Mild TBI can occur to civilians from falls or car crashes and to military personnel from explosions which send shock waves through the brain. The microscopic damage to the brain that accompanies mild TBI is not visible on CT scans and standard MRIs. Because of this people with mild TBI are often dismissed as fakers, exaggerators or people with psychological problems rather than accepted as people with organic brain injury.

However, a special variety of MRI called DTI (water diffusion tensor imaging) can show microscopic brain damage by tracking leaks of water in the white matter tracts of the brain. Recently neurosurgeon Richard Bucholz, M.D. at St. Louis University Medical School became interested in what DTI would show in the brains of U.S. soldiers subjected to blast injuries years ago. On December 10, 2013 he reported to colleagues at the annual meeting of the Radiological Society of North America that DTI shows holes are still present in their brains from blast injuries. These soldier were still reporting problems with attention, memory, and mood.
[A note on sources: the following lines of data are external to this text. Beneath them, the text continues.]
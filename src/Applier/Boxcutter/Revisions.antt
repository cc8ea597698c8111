-- ===== src/Applier/Boxcutter/Revisions.antt =====
-- The helpers of boxcutter.go on the revision that is to be applied.
use operator_controller.Prelude.{
  ℕ, suc, String, List, [], ◌∷◌, ◌++◌, Option, none, some, ℤ, pos, negsuc, zero, if◌then◌else◌,
  eq_ℤ, Ordering, ltb_ℤ, lt, eq, gt,
}
use operator_controller.ObjectSet.{ObjectSourceRef, SpecObject, SpecPhase}
use operator_controller.Sort.{sort_stable}
use operator_controller.Applier.Packer.{Position, lookup_ref}
use operator_controller.Applier.Boxcutter.{Existing, ApplyObject, ApplyPhase, Desired}

-- `cmp.Compare` on `int64`
abbrev pub compare_ℤ : ℤ → ℤ → Ordering
compare_ℤ a b = if ltb_ℤ a b then lt else if ltb_ℤ b a then gt else eq

abbrev pub by_revision : Existing → Existing → Ordering
by_revision a b = compare_ℤ a.revision b.revision

-- `slices.SortFunc`, which need not be stable: revision numbers of an extension are distinct
unfoldable pub sort_revisions : List Existing → List Existing
sort_revisions items = sort_stable by_revision items

-- `items[len(items)-1]`
unfoldable pub last_revision : List Existing → Option Existing
last_revision [] = none
last_revision (r ∷ []) = some r
last_revision (_ ∷ r ∷ rs) = last_revision (r ∷ rs)

abbrev pub revision_of : Option Existing → ℤ
revision_of none = pos 0
revision_of (some r) = r.revision

unfoldable pub latest_revision_number : List Existing → ℤ
latest_revision_number prev = revision_of (last_revision prev)

-- the sum of an `int64` and 1
abbrev pub max_int64 : ℤ
max_int64 = pos 9223372036854775807

abbrev pub plus_one : ℤ → ℤ
plus_one (pos n) = pos (suc n)
plus_one (negsuc zero) = pos 0
plus_one (negsuc (suc n)) = negsuc n

unfoldable pub increment : ℤ → ℤ
increment n = if eq_ℤ n max_int64 then negsuc 9223372036854775807 else plus_one n

abbrev pub text_of : Option String → String
text_of none = ""
text_of (some s) = s

abbrev pub zero_ref : ObjectSourceRef
zero_ref = record { name = ""; namespace = ""; key = "" }

module _ {O : Type 0} where
  abbrev pub with_object : Option O → List O → List O
  with_object none more = more
  with_object (some o) more = o ∷ more

  abbrev pub objects_of_phase : List (ApplyObject O) → List O
  objects_of_phase [] = []
  objects_of_phase (a ∷ rest) = with_object a.object (objects_of_phase rest)

  abbrev pub get_phase_objects : List (ApplyPhase O) → List O
  get_phase_objects [] = []
  get_phase_objects (p ∷ ps) = objects_of_phase p.objects ++ get_phase_objects ps

  -- `getObjects`
  unfoldable pub get_objects : {R : Type 0} → Desired O R → List O
  get_objects rev = get_phase_objects rev.phases

  -- `saveInlineObjects`
  abbrev pub saved_objects : List (ApplyObject O) → List (Option O)
  saved_objects [] = []
  saved_objects (a ∷ rest) = a.object ∷ saved_objects rest

  abbrev pub saved_phases : List (ApplyPhase O) → List (List (Option O))
  saved_phases [] = []
  saved_phases (p ∷ ps) = saved_objects p.objects ∷ saved_phases ps

  unfoldable pub save_inline_objects : {R : Type 0} → Desired O R → List (List (Option O))
  save_inline_objects rev = saved_phases rev.phases

  -- `restoreInlineObjects`
  abbrev pub restored_objects : List (ApplyObject O) → List (Option O) → List (ApplyObject O)
  restored_objects (a ∷ rest) (o ∷ saved) =
      record a { object = o; ref = none } ∷ restored_objects rest saved
  restored_objects [] _ = []
  restored_objects (a ∷ rest) [] = a ∷ rest

  abbrev pub restored_phases : List (ApplyPhase O) → List (List (Option O)) → List (ApplyPhase O)
  restored_phases (p ∷ ps) (s ∷ saved) =
      record p { objects = restored_objects p.objects s } ∷ restored_phases ps saved
  restored_phases [] _ = []
  restored_phases (p ∷ ps) [] = p ∷ ps

  unfoldable pub restore_inline_objects :
      {R : Type 0} → Desired O R → List (List (Option O)) → Desired O R
  restore_inline_objects rev saved = record rev { phases = restored_phases rev.phases saved }

  -- `extractPhasesForPacking`
  abbrev pub packing_objects : List (ApplyObject O) → List (SpecObject O)
  packing_objects [] = []
  packing_objects (a ∷ rest) =
      record {
        object = a.object;
        ref = zero_ref;
        collision_protection = text_of a.collision_protection;
      }
      ∷ packing_objects rest

  unfoldable pub extract_phases_for_packing : List (ApplyPhase O) → List (SpecPhase O)
  extract_phases_for_packing [] = []
  extract_phases_for_packing (p ∷ ps) =
      record {
        name = text_of p.name;
        objects = packing_objects p.objects;
        collision_protection = "";
      }
      ∷ extract_phases_for_packing ps

  -- `replaceInlineWithRefs`
  abbrev pub replaced : ApplyObject O → Option ObjectSourceRef → ApplyObject O
  replaced a none = a
  replaced a (some ref) = record a { object = none; ref = some ref }

  abbrev pub replaced_objects :
      List (Position × ObjectSourceRef) → ℕ → ℕ → List (ApplyObject O) → List (ApplyObject O)
  replaced_objects refs i j [] = []
  replaced_objects refs i j (a ∷ rest) =
      replaced a (lookup_ref (i, j) refs) ∷ replaced_objects refs i (suc j) rest

  abbrev pub replaced_phases :
      List (Position × ObjectSourceRef) → ℕ → List (ApplyPhase O) → List (ApplyPhase O)
  replaced_phases refs i [] = []
  replaced_phases refs i (p ∷ ps) =
      record p { objects = replaced_objects refs i 0 p.objects } ∷ replaced_phases refs (suc i) ps

  unfoldable pub replace_inline_with_refs :
      {R : Type 0} → Desired O R → List (Position × ObjectSourceRef) → Desired O R
  replace_inline_with_refs rev refs = record rev { phases = replaced_phases refs 0 rev.phases }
If you are still suffering from cognitive and/or mood problems years after a mild TBI and you have access to MRI using diffusion tensor imaging, you and your doctor may wish to consider using that type of scan, especially if you are being denied benefits for your injury.

Doctor examining a brain CT scan

New MRI Technique Shows Holes in Brain Membranes After Concussion

Up until now it has not been possible to visualize the effects of mild TBI on an MRI scan because standard MRI only picks up significant damage to brain tissue. However a new technique using MRI following injection of dye can demonstrate tiny holes in the meninges caused by a concussion, because the dye leaks through the holes. The meninges are the three thin membranes which snugly wrap the outside of the brain. Their job is to hold the brain in place, cushion the brain from minor shock, and keep out harmful molecules. The meninges contain an intricate set of blood vessels and nerves. It was established long ago that concussion can cause severe, post-traumatic headache by dilating blood vessels in the meninges and stretching the nerves that wrap around those vessels.

The new technique was developed by an ingenuous senior at Stanford University named Theo Roth who is majoring in biology. His work with humans (which was published online in the Journal Nature on December 8, 2013) derived from years of experimentation with mice in which Roth used a surgically implanted micro-camera to record the effects of concussion on mice brains in real time. Roth’s work was sponsored and made possible by Dorian McGavern’s lab at the National Institute of Neurological Disorders and Stroke (NINDS). Roth explains that when a concussion causes holes in the meninges it has damaged meningeal cells which leak internal substances (in particular something called reactive oxygen species) that are toxic to cells in the underlying brain tissue.

In the article in Nature Roth worked with co-scientist Lawrence Latour to examine 142 patients who have recently suffered a concussion but whose initial MRI scans had not revealed any physical damage to the brain tissue. Many of these patients were sent home from the hospital with the negative scans, but had since suffered headaches, memory loss or other hallmark symptoms of a mild brain injury. Latour injected the patients with a dye and conducted a follow-up MRI scan; in 49 percent of these patients, Latour saw the dye leaking through the meninges. This new technique is a true breakthrough for people suffering from mild TBI who are not believed by family, treating physicians or – in the case of litigation – by liability insurance companies and their defense lawyers.